In a phase 3 multinational study, investigators randomized 797 such patients to receive abiraterone acetate plus prednisone and 398 to receive placebo plus prednisone. The median follow-up was 12.8 months.
Abiraterone acetate prolonged survival by a median of approximately four months, lead researcher Howard I. Scher, MD, of Memorial Sloan Kettering Cancer Center (MSKCC) in New York, reported at the fourth annual Genitourinary Cancers Symposium. Abiraterone acetate recipients had a 35% decreased risk of death relative to the placebo group.

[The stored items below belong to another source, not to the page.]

-- ===== src/Kd11ea/Micro/Roms/Double.antt =====
-- The PROMs that decode double operand instructions, and the condition codes
-- (pdp11/kd11ea/roms/rom_images.h).
use ll.Prelude.{ℕ, List, [], ◌∷◌}

unfoldable pub e68_rom : List ℕ
e68_rom =
    15 ∷ 15 ∷ 8 ∷ 15 ∷ 14 ∷ 15 ∷ 15 ∷ 15 ∷ 15 ∷ 15 ∷ 10 ∷ 15 ∷ 14 ∷ 15 ∷ 15 ∷ 15 ∷ 15 ∷ 15 ∷ 9 ∷ 15
    ∷ 14 ∷ 15 ∷ 15 ∷ 15 ∷ 0 ∷ 15 ∷ 11 ∷ 15 ∷ 14 ∷ 15 ∷ 15 ∷ 15 ∷ 15 ∷ 15 ∷ 15 ∷ 15 ∷ 15 ∷ 15 ∷ 15
    ∷ 15 ∷ 15 ∷ 15 ∷ 15 ∷ 15 ∷ 15 ∷ 15 ∷ 15 ∷ 15 ∷ 15 ∷ 15 ∷ 15 ∷ 15 ∷ 15 ∷ 15 ∷ 15 ∷ 15 ∷ 15 ∷ 15
    ∷ 15 ∷ 15 ∷ 15 ∷ 15 ∷ 15 ∷ 15 ∷ 15 ∷ 7 ∷ 0 ∷ 7 ∷ 6 ∷ 7 ∷ 7 ∷ 7 ∷ 15 ∷ 7 ∷ 2 ∷ 7 ∷ 6 ∷ 7 ∷ 7 ∷ 7
    ∷ 15 ∷ 7 ∷ 1 ∷ 7 ∷ 6 ∷ 7 ∷ 7 ∷ 7 ∷ 15 ∷ 7 ∷ 3 ∷ 7 ∷ 6 ∷ 7 ∷ 7 ∷ 7 ∷ 7 ∷ 7 ∷ 7 ∷ 7 ∷ 7 ∷ 7 ∷ 7
    ∷ 7 ∷ 7 ∷ 7 ∷ 7 ∷ 7 ∷ 7 ∷ 7 ∷ 7 ∷ 7 ∷ 7 ∷ 7 ∷ 7 ∷ 7 ∷ 7 ∷ 7 ∷ 7 ∷ 7 ∷ 7 ∷ 7 ∷ 7 ∷ 7 ∷ 7 ∷ 7 ∷ 7
    ∷ 7 ∷ 12 ∷ 15 ∷ 12 ∷ 15 ∷ 12 ∷ 15 ∷ 12 ∷ 15 ∷ 12 ∷ 15 ∷ 12 ∷ 15 ∷ 12 ∷ 15 ∷ 12 ∷ 15 ∷ 12 ∷ 15
    ∷ 12 ∷ 15 ∷ 12 ∷ 15 ∷ 12 ∷ 15 ∷ 12 ∷ 15 ∷ 12 ∷ 15 ∷ 12 ∷ 15 ∷ 12 ∷ 15 ∷ 13 ∷ 15 ∷ 13 ∷ 15 ∷ 13
    ∷ 15 ∷ 13 ∷ 15 ∷ 13 ∷ 15 ∷ 13 ∷ 15 ∷ 13 ∷ 15 ∷ 13 ∷ 15 ∷ 13 ∷ 15 ∷ 13 ∷ 15 ∷ 13 ∷ 15 ∷ 13 ∷ 15
    ∷ 13 ∷ 15 ∷ 13 ∷ 15 ∷ 13 ∷ 15 ∷ 13 ∷ 15 ∷ 4 ∷ 7 ∷ 4 ∷ 7 ∷ 4 ∷ 7 ∷ 4 ∷ 7 ∷ 4 ∷ 7 ∷ 4 ∷ 7 ∷ 4 ∷ 7
    ∷ 4 ∷ 7 ∷ 4 ∷ 7 ∷ 4 ∷ 7 ∷ 4 ∷ 7 ∷ 4 ∷ 7 ∷ 4 ∷ 7 ∷ 4 ∷ 7 ∷ 4 ∷ 7 ∷ 4 ∷ 7 ∷ 12 ∷ 15 ∷ 12 ∷ 15 ∷ 12
    ∷ 15 ∷ 12 ∷ 15 ∷ 12 ∷ 15 ∷ 12 ∷ 15 ∷ 12 ∷ 15 ∷ 12 ∷ 15 ∷ 12 ∷ 15 ∷ 12 ∷ 15 ∷ 12 ∷ 15 ∷ 12 ∷ 15
    ∷ 12 ∷ 15 ∷ 12 ∷ 15 ∷ 12 ∷ 15 ∷ 12 ∷ 15 ∷ 15 ∷ 15 ∷ 12 ∷ 15 ∷ 15 ∷ 15 ∷ 15 ∷ 15 ∷ 15 ∷ 15 ∷ 12
    ∷ 15 ∷ 15 ∷ 15 ∷ 15 ∷ 15 ∷ 15 ∷ 15 ∷ 13 ∷ 15 ∷ 15 ∷ 15 ∷ 15 ∷ 15 ∷ 15 ∷ 15 ∷ 8 ∷ 15 ∷ 15 ∷ 15
    ∷ 15 ∷ 15 ∷ 15 ∷ 15 ∷ 15 ∷ 15 ∷ 15 ∷ 15 ∷ 15 ∷ 15 ∷ 15 ∷ 15 ∷ 15 ∷ 15 ∷ 15 ∷ 15 ∷ 15 ∷ 15 ∷ 15
    ∷ 15 ∷ 15 ∷ 15 ∷ 15 ∷ 15 ∷ 15 ∷ 15 ∷ 15 ∷ 15 ∷ 15 ∷ 15 ∷ 15 ∷ 15 ∷ 15 ∷ 15 ∷ 15 ∷ 7 ∷ 4 ∷ 7 ∷ 7
    ∷ 7 ∷ 7 ∷ 7 ∷ 15 ∷ 7 ∷ 4 ∷ 7 ∷ 15 ∷ 7 ∷ 7 ∷ 7 ∷ 15 ∷ 7 ∷ 5 ∷ 7 ∷ 15 ∷ 7 ∷ 7 ∷ 7 ∷ 15 ∷ 7 ∷ 0 ∷ 7
    ∷ 7 ∷ 7 ∷ 7 ∷ 7 ∷ 7 ∷ 7 ∷ 7 ∷ 7 ∷ 7 ∷ 7 ∷ 7 ∷ 7 ∷ 7 ∷ 7 ∷ 7 ∷ 7 ∷ 7 ∷ 7 ∷ 7 ∷ 7 ∷ 7 ∷ 7 ∷ 7 ∷ 7
    ∷ 7 ∷ 7 ∷ 7 ∷ 7 ∷ 7 ∷ 7 ∷ 7 ∷ 7 ∷ 7 ∷ 7 ∷ 7 ∷ 7 ∷ 12 ∷ 15 ∷ 12 ∷ 15 ∷ 12 ∷ 15 ∷ 12 ∷ 15 ∷ 12
    ∷ 15 ∷ 12 ∷ 15 ∷ 12 ∷ 15 ∷ 12 ∷ 15 ∷ 12 ∷ 15 ∷ 12 ∷ 15 ∷ 12 ∷ 15 ∷ 12 ∷ 15 ∷ 12 ∷ 15 ∷ 12 ∷ 15
    ∷ 12 ∷ 15 ∷ 12 ∷ 15 ∷ 13 ∷ 15 ∷ 13 ∷ 15 ∷ 13 ∷ 15 ∷ 13 ∷ 15 ∷ 13 ∷ 15 ∷ 13 ∷ 15 ∷ 13 ∷ 15 ∷ 13
    ∷ 15 ∷ 13 ∷ 15 ∷ 13 ∷ 15 ∷ 13 ∷ 15 ∷ 13 ∷ 15 ∷ 13 ∷ 15 ∷ 13 ∷ 15 ∷ 13 ∷ 15 ∷ 13 ∷ 15 ∷ 4 ∷ 7 ∷ 4
    ∷ 7 ∷ 4 ∷ 7 ∷ 4 ∷ 7 ∷ 4 ∷ 7 ∷ 4 ∷ 7 ∷ 4 ∷ 7 ∷ 4 ∷ 7 ∷ 4 ∷ 7 ∷ 4 ∷ 7 ∷ 4 ∷ 7 ∷ 4 ∷ 7 ∷ 4 ∷ 7 ∷ 4
    ∷ 7 ∷ 4 ∷ 7 ∷ 4 ∷ 7 ∷ 12 ∷ 15 ∷ 12 ∷ 15 ∷ 12 ∷ 15 ∷ 12 ∷ 15 ∷ 12 ∷ 15 ∷ 12 ∷ 15 ∷ 12 ∷ 15 ∷ 12
    ∷ 15 ∷ 12 ∷ 15 ∷ 12 ∷ 15 ∷ 12 ∷ 15 ∷ 12 ∷ 15 ∷ 12 ∷ 15 ∷ 12 ∷ 15 ∷ 12 ∷ 15 ∷ 12 ∷ 15 ∷ []

unfoldable pub e69_rom : List ℕ
e69_rom =
    15 ∷ 9 ∷ 15 ∷ 9 ∷ 15 ∷ 9 ∷ 15 ∷ 9 ∷ 15 ∷ 13 ∷ 15 ∷ 13 ∷ 15 ∷ 13 ∷ 15 ∷ 13 ∷ 15 ∷ 13 ∷ 15 ∷ 13
    ∷ 15 ∷ 13 ∷ 15 ∷ 13 ∷ 15 ∷ 8 ∷ 15 ∷ 8 ∷ 15 ∷ 8 ∷ 15 ∷ 8 ∷ 3 ∷ 3 ∷ 3 ∷ 3 ∷ 3 ∷ 3 ∷ 3 ∷ 3 ∷ 15
    ∷ 15 ∷ 15 ∷ 15 ∷ 15 ∷ 15 ∷ 15 ∷ 15 ∷ 15 ∷ 15 ∷ 15 ∷ 15 ∷ 15 ∷ 15 ∷ 15 ∷ 15 ∷ 10 ∷ 10 ∷ 10 ∷ 10
    ∷ 10 ∷ 10 ∷ 14 ∷ 14 ∷ 15 ∷ 9 ∷ 15 ∷ 9 ∷ 15 ∷ 9 ∷ 15 ∷ 9 ∷ 15 ∷ 13 ∷ 15 ∷ 13 ∷ 15 ∷ 13 ∷ 15 ∷ 13
    ∷ 15 ∷ 13 ∷ 15 ∷ 13 ∷ 15 ∷ 13 ∷ 15 ∷ 13 ∷ 15 ∷ 8 ∷ 15 ∷ 8 ∷ 15 ∷ 8 ∷ 15 ∷ 8 ∷ 3 ∷ 3 ∷ 3 ∷ 3 ∷ 3
    ∷ 3 ∷ 3 ∷ 3 ∷ 15 ∷ 15 ∷ 15 ∷ 15 ∷ 15 ∷ 15 ∷ 15 ∷ 15 ∷ 15 ∷ 15 ∷ 15 ∷ 15 ∷ 15 ∷ 15 ∷ 15 ∷ 15 ∷ 10
    ∷ 10 ∷ 10 ∷ 10 ∷ 10 ∷ 10 ∷ 14 ∷ 14 ∷ 7 ∷ 7 ∷ 7 ∷ 7 ∷ 7 ∷ 7 ∷ 7 ∷ 7 ∷ 15 ∷ 15 ∷ 15 ∷ 15 ∷ 15 ∷ 15
    ∷ 15 ∷ 15 ∷ 15 ∷ 15 ∷ 15 ∷ 15 ∷ 15 ∷ 15 ∷ 15 ∷ 15 ∷ 10 ∷ 10 ∷ 10 ∷ 10 ∷ 10 ∷ 10 ∷ 2 ∷ 2 ∷ 3 ∷ 3
    ∷ 3 ∷ 3 ∷ 3 ∷ 3 ∷ 3 ∷ 3 ∷ 15 ∷ 15 ∷ 15 ∷ 15 ∷ 15 ∷ 15 ∷ 15 ∷ 15 ∷ 15 ∷ 15 ∷ 15 ∷ 15 ∷ 15 ∷ 15
    ∷ 15 ∷ 15 ∷ 10 ∷ 15 ∷ 10 ∷ 15 ∷ 10 ∷ 15 ∷ 14 ∷ 15 ∷ 7 ∷ 7 ∷ 7 ∷ 7 ∷ 7 ∷ 7 ∷ 7 ∷ 7 ∷ 15 ∷ 15 ∷ 15
    ∷ 15 ∷ 15 ∷ 15 ∷ 15 ∷ 15 ∷ 15 ∷ 15 ∷ 15 ∷ 15 ∷ 15 ∷ 15 ∷ 15 ∷ 15 ∷ 10 ∷ 10 ∷ 10 ∷ 10 ∷ 10 ∷ 10
    ∷ 2 ∷ 2 ∷ 15 ∷ 15 ∷ 15 ∷ 15 ∷ 15 ∷ 15 ∷ 15 ∷ 15 ∷ 15 ∷ 15 ∷ 15 ∷ 15 ∷ 15 ∷ 15 ∷ 15 ∷ 15 ∷ 15
    ∷ 15 ∷ 15 ∷ 15 ∷ 15 ∷ 15 ∷ 15 ∷ 15 ∷ 10 ∷ 15 ∷ 10 ∷ 15 ∷ 10 ∷ 15 ∷ 14 ∷ 15 ∷ []

unfoldable pub e70_rom : List ℕ
e70_rom =
    15 ∷ 15 ∷ 15 ∷ 15 ∷ 15 ∷ 15 ∷ 15 ∷ 15 ∷ 15 ∷ 15 ∷ 15 ∷ 15 ∷ 15 ∷ 15 ∷ 15 ∷ 15 ∷ 15 ∷ 15 ∷ 15
    ∷ 15 ∷ 15 ∷ 15 ∷ 15 ∷ 15 ∷ 15 ∷ 11 ∷ 15 ∷ 11 ∷ 15 ∷ 11 ∷ 15 ∷ 7 ∷ 15 ∷ 15 ∷ 15 ∷ 15 ∷ 15 ∷ 15
    ∷ 15 ∷ 15 ∷ 15 ∷ 15 ∷ 15 ∷ 15 ∷ 15 ∷ 15 ∷ 15 ∷ 15 ∷ 15 ∷ 15 ∷ 15 ∷ 15 ∷ 15 ∷ 15 ∷ 15 ∷ 15 ∷ 11
    ∷ 11 ∷ 11 ∷ 11 ∷ 11 ∷ 11 ∷ 9 ∷ 9 ∷ 15 ∷ 15 ∷ 15 ∷ 15 ∷ 15 ∷ 15 ∷ 15 ∷ 15 ∷ 15 ∷ 15 ∷ 15 ∷ 15
    ∷ 15 ∷ 15 ∷ 15 ∷ 15 ∷ 15 ∷ 15 ∷ 15 ∷ 15 ∷ 15 ∷ 15 ∷ 15 ∷ 15 ∷ 15 ∷ 11 ∷ 15 ∷ 11 ∷ 15 ∷ 11 ∷ 15
    ∷ 7 ∷ 15 ∷ 15 ∷ 15 ∷ 15 ∷ 15 ∷ 15 ∷ 15 ∷ 15 ∷ 15 ∷ 15 ∷ 15 ∷ 15 ∷ 15 ∷ 15 ∷ 15 ∷ 15 ∷ 15 ∷ 15
    ∷ 15 ∷ 15 ∷ 15 ∷ 15 ∷ 15 ∷ 15 ∷ 11 ∷ 11 ∷ 11 ∷ 11 ∷ 11 ∷ 11 ∷ 9 ∷ 9 ∷ 15 ∷ 15 ∷ 15 ∷ 15 ∷ 15
    ∷ 15 ∷ 15 ∷ 15 ∷ 15 ∷ 15 ∷ 15 ∷ 15 ∷ 15 ∷ 15 ∷ 15 ∷ 15 ∷ 15 ∷ 15 ∷ 15 ∷ 15 ∷ 15 ∷ 15 ∷ 15 ∷ 15
    ∷ 11 ∷ 11 ∷ 11 ∷ 11 ∷ 11 ∷ 11 ∷ 5 ∷ 5 ∷ 15 ∷ 15 ∷ 15 ∷ 15 ∷ 15 ∷ 15 ∷ 15 ∷ 15 ∷ 15 ∷ 15 ∷ 15
    ∷ 15 ∷ 15 ∷ 15 ∷ 15 ∷ 15 ∷ 15 ∷ 15 ∷ 15 ∷ 15 ∷ 15 ∷ 15 ∷ 15 ∷ 15 ∷ 11 ∷ 15 ∷ 11 ∷ 15 ∷ 11 ∷ 15
    ∷ 9 ∷ 15 ∷ 15 ∷ 15 ∷ 15 ∷ 15 ∷ 15 ∷ 15 ∷ 15 ∷ 15 ∷ 15 ∷ 15 ∷ 15 ∷ 15 ∷ 15 ∷ 15 ∷ 15 ∷ 15 ∷ 15
    ∷ 15 ∷ 15 ∷ 15 ∷ 15 ∷ 15 ∷ 15 ∷ 15 ∷ 11 ∷ 11 ∷ 11 ∷ 11 ∷ 11 ∷ 11 ∷ 5 ∷ 5 ∷ 15 ∷ 15 ∷ 15 ∷ 15
    ∷ 15 ∷ 15 ∷ 15 ∷ 15 ∷ 15 ∷ 15 ∷ 15 ∷ 15 ∷ 15 ∷ 15 ∷ 15 ∷ 15 ∷ 15 ∷ 15 ∷ 15 ∷ 15 ∷ 15 ∷ 15 ∷ 15
    ∷ 15 ∷ 11 ∷ 15 ∷ 11 ∷ 15 ∷ 11 ∷ 15 ∷ 5 ∷ 15 ∷ 15 ∷ 15 ∷ 15 ∷ 15 ∷ 15 ∷ 15 ∷ 15 ∷ 15 ∷ 15 ∷ 15
    ∷ 15 ∷ 15 ∷ 15 ∷ 15 ∷ 15 ∷ 15 ∷ 15 ∷ 15 ∷ 15 ∷ 15 ∷ 15 ∷ 15 ∷ 15 ∷ 15 ∷ 15 ∷ 11 ∷ 15 ∷ 11 ∷ 15
    ∷ 11 ∷ 15 ∷ 7 ∷ 15 ∷ 15 ∷ 15 ∷ 15 ∷ 15 ∷ 15 ∷ 15 ∷ 15 ∷ 15 ∷ 15 ∷ 15 ∷ 15 ∷ 15 ∷ 15 ∷ 15 ∷ 15
    ∷ 15 ∷ 15 ∷ 15 ∷ 15 ∷ 15 ∷ 15 ∷ 15 ∷ 15 ∷ 11 ∷ 11 ∷ 11 ∷ 11 ∷ 11 ∷ 11 ∷ 9 ∷ 9 ∷ 15 ∷ 15 ∷ 15
    ∷ 15 ∷ 15 ∷ 15 ∷ 15 ∷ 15 ∷ 15 ∷ 15 ∷ 15 ∷ 15 ∷ 15 ∷ 15 ∷ 15 ∷ 15 ∷ 15 ∷ 15 ∷ 15 ∷ 15 ∷ 15 ∷ 15
    ∷ 15 ∷ 15 ∷ 15 ∷ 11 ∷ 15 ∷ 11 ∷ 15 ∷ 11 ∷ 15 ∷ 7 ∷ 15 ∷ 15 ∷ 15 ∷ 15 ∷ 15 ∷ 15 ∷ 15 ∷ 15 ∷ 15
    ∷ 15 ∷ 15 ∷ 15 ∷ 15 ∷ 15 ∷ 15 ∷ 15 ∷ 15 ∷ 15 ∷ 15 ∷ 15 ∷ 15 ∷ 15 ∷ 15 ∷ 15 ∷ 11 ∷ 11 ∷ 11 ∷ 11
    ∷ 11 ∷ 11 ∷ 9 ∷ 9 ∷ 15 ∷ 15 ∷ 15 ∷ 15 ∷ 15 ∷ 15 ∷ 15 ∷ 15 ∷ 15 ∷ 15 ∷ 15 ∷ 15 ∷ 15 ∷ 15 ∷ 15
    ∷ 15 ∷ 15 ∷ 15 ∷ 15 ∷ 15 ∷ 15 ∷ 15 ∷ 15 ∷ 15 ∷ 11 ∷ 11 ∷ 11 ∷ 11 ∷ 11 ∷ 11 ∷ 5 ∷ 5 ∷ 15 ∷ 15
    ∷ 15 ∷ 15 ∷ 15 ∷ 15 ∷ 15 ∷ 15 ∷ 15 ∷ 15 ∷ 15 ∷ 15 ∷ 15 ∷ 15 ∷ 15 ∷ 15 ∷ 15 ∷ 15 ∷ 15 ∷ 15 ∷ 15
    ∷ 15 ∷ 15 ∷ 15 ∷ 11 ∷ 15 ∷ 11 ∷ 15 ∷ 11 ∷ 15 ∷ 9 ∷ 15 ∷ 15 ∷ 15 ∷ 15 ∷ 15 ∷ 15 ∷ 15 ∷ 15 ∷ 15
    ∷ 15 ∷ 15 ∷ 15 ∷ 15 ∷ 15 ∷ 15 ∷ 15 ∷ 15 ∷ 15 ∷ 15 ∷ 15 ∷ 15 ∷ 15 ∷ 15 ∷ 15 ∷ 15 ∷ 11 ∷ 11 ∷ 11
    ∷ 11 ∷ 11 ∷ 11 ∷ 5 ∷ 5 ∷ 15 ∷ 15 ∷ 15 ∷ 15 ∷ 15 ∷ 15 ∷ 15 ∷ 15 ∷ 15 ∷ 15 ∷ 15 ∷ 15 ∷ 15 ∷ 15
    ∷ 15 ∷ 15 ∷ 15 ∷ 15 ∷ 15 ∷ 15 ∷ 15 ∷ 15 ∷ 15 ∷ 15 ∷ 11 ∷ 14 ∷ 11 ∷ 14 ∷ 11 ∷ 14 ∷ 5 ∷ 14 ∷ []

Dr. Scher, who is Chief of the Genitourinary Oncology Service at MSKCC’s Sidney Kimmel Center for Urologic and Prostate Cancers, and his collaborators also observed improvements in secondary end points attributable to abiraterone acetate, such as time to PSA progression, radiographic progression-free survival, and PSA response rate.
Abiraterone acetate displayed a favorable safety profile that was generally similar to that of placebo, Dr. Scher said. The more common adverse events associated with the drug included fluid retention, hypokalemia, liver function test abnormalities, and hypertension.
These results establish that considering CRPC to be hormone resistant “may deny patients a safe and life-prolonging treatment,” Dr. Scher told attendees.
Abiraterone acetate inhibits androgen biosynthesis in the testes, adrenal glands, and the prostate tumor, Dr. Scher’s group explained in a poster presented at the symposium. The result is plasma testosterone levels in the 1-2 ng/mL range—which is significantly lower than is achieved with conventional hormonal therapies—and a decrease in androgens within prostate tumors.
Johnson & Johnson, which is developing the new drug, funded the study.